200 Powder Mill Road

Wilmington, DE 19803

 

ITEM 2(A).

NAME OF PERSONS FILING

Krishna Vaddi (the “Reporting Person”)

 

ITEM 2(B).

ADDRESS OF PRINCIPAL OFFICE

c/o Prelude Therapeutics Incorporated

200 Powder Mill Road

Wilmington, DE 19803

 

ITEM 2(C).

CITIZENSHIP

United States

 

ITEM 2(D).

TITLE OF CLASS OF SECURITIES

Common Stock, par value $0.0001 per share

 

ITEM 2(E)

CUSIP NUMBER

74065P101

 

ITEM 3.

IF THIS STATEMENT IS FILED PURSUANT TO RULE 13D-1(B), OR 13D-2(B) OR (C), CHECK WHETHER THE PERSON FILING IS A:

Not applicable.

 

ITEM 4.

OWNERSHIP

(a) Amount beneficially owned:

See Row 9 of cover page for each Reporting Person.

(b) Percent of Class:

See Row 11 of cover page for each Reporting Person.

(c) Number of shares as to which such person has:

(i) Sole power to vote or to direct the vote:

See Row 5 of cover page for each Reporting Person.


CUSIP #74065P101

 

(ii) Shared power to vote or to direct the vote:

See Row 6 of cover page for each Reporting Person.

(iii) Sole power to dispose or to direct the disposition of:

See Row 7 of cover page for each Reporting Person.
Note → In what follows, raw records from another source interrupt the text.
-- ===== src/Evidence/Grounding.antt =====
-- app/services/evidence_validation.py, second half: which sentences of a draft answer are supported by
-- the evidence. A score is the pair of the sizes whose quotient the code computes; such quotients
-- are compared by cross multiplication.
use mathlib.Core.List.{reverse}
use rfp.Evidence.{EvidenceOps, contains, normalize_evidence_text}
use rfp.Extraction.World.{strip}
use rfp.Prelude.{
  Bool, List, Option, String, Text, [], false, if◌then◌else◌, leb, length, ltb, member, none, not,
  some, take, true, ℕ, ◌&&◌, ◌*◌, ◌+◌, ◌==◌, ◌||◌, ◌∷◌,
}

pub record Score : Type 0 where
  pub shared : ℕ
  pub combined : ℕ

unfoldable pub above : Score → Score → Bool
above s t = ltb (t.shared * s.combined) (s.shared * t.combined)

-- `[a-z0-9]`
abbrev is_token_char : ℕ → Bool
is_token_char c = (leb 0x61 c && leb c 0x7a) || (leb 0x30 c && leb c 0x39)

end_token : Text → List Text → List Text
end_token [] tokens = tokens
end_token (c ∷ cs) tokens = reverse (c ∷ cs) ∷ tokens

-- The runs of token characters; the first argument is the current run, reversed.
find_tokens : Text → Text → List Text
unfolding end_token
find_tokens run [] = end_token run []
find_tokens run (c ∷ cs) = elim (is_token_char c) [
  | true ↦ find_tokens (c ∷ run) cs
  | false ↦ end_token run (find_tokens [] cs)
]

-- `set(...)`
unfoldable pub distinct : List Text → List Text
distinct [] = []
distinct (t ∷ ts) = let rest = distinct ts in if member t rest then rest else t ∷ rest

unfoldable pub tokenize : EvidenceOps → Text → List Text
unfolding find_tokens
tokenize ops chars = distinct (find_tokens [] (normalize_evidence_text ops chars))

-- `claim_tokens & snippet_tokens` and `claim_tokens | snippet_tokens`
unfoldable pub shared_tokens : List Text → List Text → List Text
shared_tokens [] bs = []
shared_tokens (a ∷ others) bs =
    let rest = shared_tokens others bs in if member a bs then a ∷ rest else rest

unfoldable pub all_tokens : List Text → List Text → List Text
all_tokens [] bs = bs
all_tokens (a ∷ others) bs =
    let rest = all_tokens others bs in if member a bs then rest else a ∷ rest

unfoldable pub overlap : List Text → List Text → Score
overlap claim_tokens snippet_tokens = record {
  shared = length (shared_tokens claim_tokens snippet_tokens);
  combined = length (all_tokens claim_tokens snippet_tokens);
}

pub record Best : Type 0 where
  pub best_score : Score
  pub best_snippet : Option Text

abbrev pub is_nil {ℓ} : {A : Type ℓ} → List A → Bool
is_nil [] = true
is_nil (x ∷ xs) = false

-- One round of the loop over the snippets.
unfoldable pub better : EvidenceOps → List Text → Best → Text → Best
better ops claim_tokens best snippet =
    let snippet_tokens = tokenize ops snippet in
    if is_nil snippet_tokens
    then best
    else if above (overlap claim_tokens snippet_tokens) best.best_score
    then record { best_score = overlap claim_tokens snippet_tokens; best_snippet = some snippet }
    else best

unfoldable pub best_of : EvidenceOps → List Text → List Text → Best → Best
best_of ops claim_tokens [] best = best
best_of ops claim_tokens (snippet ∷ rest) best =
    best_of ops claim_tokens rest (better ops claim_tokens best snippet)

abbrev pub no_support : Best
no_support = record { best_score = record { shared = 0; combined = 1 }; best_snippet = none }

-- CLAIM_SUPPORT_THRESHOLD
abbrev pub claim_support_threshold : Score
claim_support_threshold = record { shared = 1; combined = 5 }

pub record ClaimSupport : Type 0 where
  pub is_supported : Bool
  pub overlap_score : Score
  pub supporting_snippet : Option Text

unfoldable pub support_of : Score → Best → ClaimSupport
support_of threshold best = record {
  is_supported = not (above threshold best.best_score);
  overlap_score = best.best_score;
  supporting_snippet = best.best_snippet;
}

-- An empty claim is trivially supported.
unfoldable pub check_claim_support : EvidenceOps → Score → List Text → Text → ClaimSupport
unfolding support_of
check_claim_support ops threshold evidence_snippets claim =
    if is_nil (tokenize ops claim)
    then record {
      is_supported = true;
      overlap_score = record { shared = 1; combined = 1 };
      supporting_snippet = none;
    }
    else support_of threshold (best_of ops (tokenize ops claim) evidence_snippets no_support)

-- _BOILERPLATE_PHRASES
abbrev pub boilerplate_phrases : List String
boilerplate_phrases =
    "we will comply" ∷ "our organisation will comply" ∷ "our organization will comply"
    ∷ "we are pleased to" ∷ "we confirm that" ∷ "please see attached" ∷ "as required"
    ∷ "in accordance with" ∷ "we acknowledge" ∷ "we understand" ∷ []

has_phrase : EvidenceOps → List String → Text → Bool
has_phrase ops [] norm = false
has_phrase ops (phrase ∷ phrases) norm =
    contains (ops.base.code_points phrase) norm || has_phrase ops phrases norm

-- `.!?`
abbrev is_stop : ℕ → Bool
is_stop c = (c == 0x2e) || (c == 0x21) || (c == 0x3f)

drop_stops : Text → Text
drop_stops [] = []
drop_stops (c ∷ cs) = if is_stop c then drop_stops cs else c ∷ cs

-- `raw.strip().rstrip(".!?").strip()`
unfoldable pub sentence_of : EvidenceOps → Text → Text
unfolding drop_stops
sentence_of ops raw = strip ops.base (reverse (drop_stops (reverse (strip ops.base raw))))

unfoldable pub is_claim : EvidenceOps → Text → Bool
unfolding has_phrase
is_claim ops sentence =
    leb 20 (length sentence)
    && not (has_phrase ops boilerplate_phrases (normalize_evidence_text ops sentence))

claims_of : EvidenceOps → List Text → List Text
claims_of ops [] = []
claims_of ops (raw ∷ raws) =
    let rest = claims_of ops raws in
    if is_claim ops (sentence_of ops raw) then sentence_of ops raw ∷ rest else rest

unfoldable pub extract_draft_claims : EvidenceOps → Text → List Text
unfolding claims_of
extract_draft_claims ops draft_text = take 50 (claims_of ops (ops.split_sentences draft_text))

pub record UnsupportedClaim : Type 0 where
  pub claim_sentence : Text
  pub claim_score : Score
  pub best_evidence_snippet : Option Text

pub record GroundingResult : Type 0 where
  pub passes : Bool
  pub unsupported_claims : List UnsupportedClaim
  pub supported_count : ℕ
  pub total_claims : ℕ
  pub grounding_pass_rate : Score

-- The loop over the claims: the unsupported ones, and the number of the others.
unfoldable pub tally : EvidenceOps → Score → List Text → List Text → List UnsupportedClaim × ℕ
tally ops threshold snippets [] = ([], 0)
tally ops threshold snippets (claim ∷ claims) =
    let rest = tally ops threshold snippets claims in
    let support = check_claim_support ops threshold snippets claim in
    if support.is_supported then (rest.0, rest.1 + 1) else (
      record {
        claim_sentence = claim;
        claim_score = support.overlap_score;
        best_evidence_snippet = support.supporting_snippet;
      }
          ∷ rest.0,
      rest.1,
    )

unfoldable pub grounding_of : List Text → List UnsupportedClaim × ℕ → GroundingResult
grounding_of claims (unsupported, supported) = record {
  passes = is_nil unsupported;
  unsupported_claims = unsupported;
  supported_count = supported;
  total_claims = length claims;
  grounding_pass_rate = record { shared = supported; combined = length claims };
}

unfoldable pub validate_draft_grounding : EvidenceOps → Score → Text → List Text → GroundingResult
unfolding tally grounding_of
validate_draft_grounding ops threshold draft_text snippets =
    let claims = extract_draft_claims ops draft_text in
    if is_nil claims
    then record {
      passes = true;
      unsupported_claims = [];
      supported_count = 0;
      total_claims = 0;
      grounding_pass_rate = record { shared = 1; combined = 1 };
    }
    else grounding_of claims (tally ops threshold snippets claims)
(iv) Shared power to dispose or to direct the disposition of:

See Row 8 of cover page for each Reporting Person.

 

ITEM 5.

OWNERSHIP OF FIVE PERCENT OR LESS OF A CLASS

Not applicable.

 

ITEM 6.

OWNERSHIP OF MORE THAN FIVE PERCENT ON BEHALF OF ANOTHER PERSON.

Not applicable.

 

ITEM 7.

IDENTIFICATION AND CLASSIFICATION OF THE SUBSIDIARY WHICH ACQUIRED THE SECURITY BEING REPORTED ON BY THE PARENT HOLDING COMPANY

Not applicable.

 

ITEM 8.

IDENTIFICATION AND CLASSIFICATION OF MEMBERS OF THE GROUP.

Not applicable.

 

ITEM 9.

NOTICE OF DISSOLUTION OF GROUP.

Not applicable.

 

ITEM 10.

CERTIFICATION.

Not applicable.


SIGNATURES

After reasonable inquiry and to the best of my knowledge and belief, I certify that the information set forth in this statement is true, complete and correct.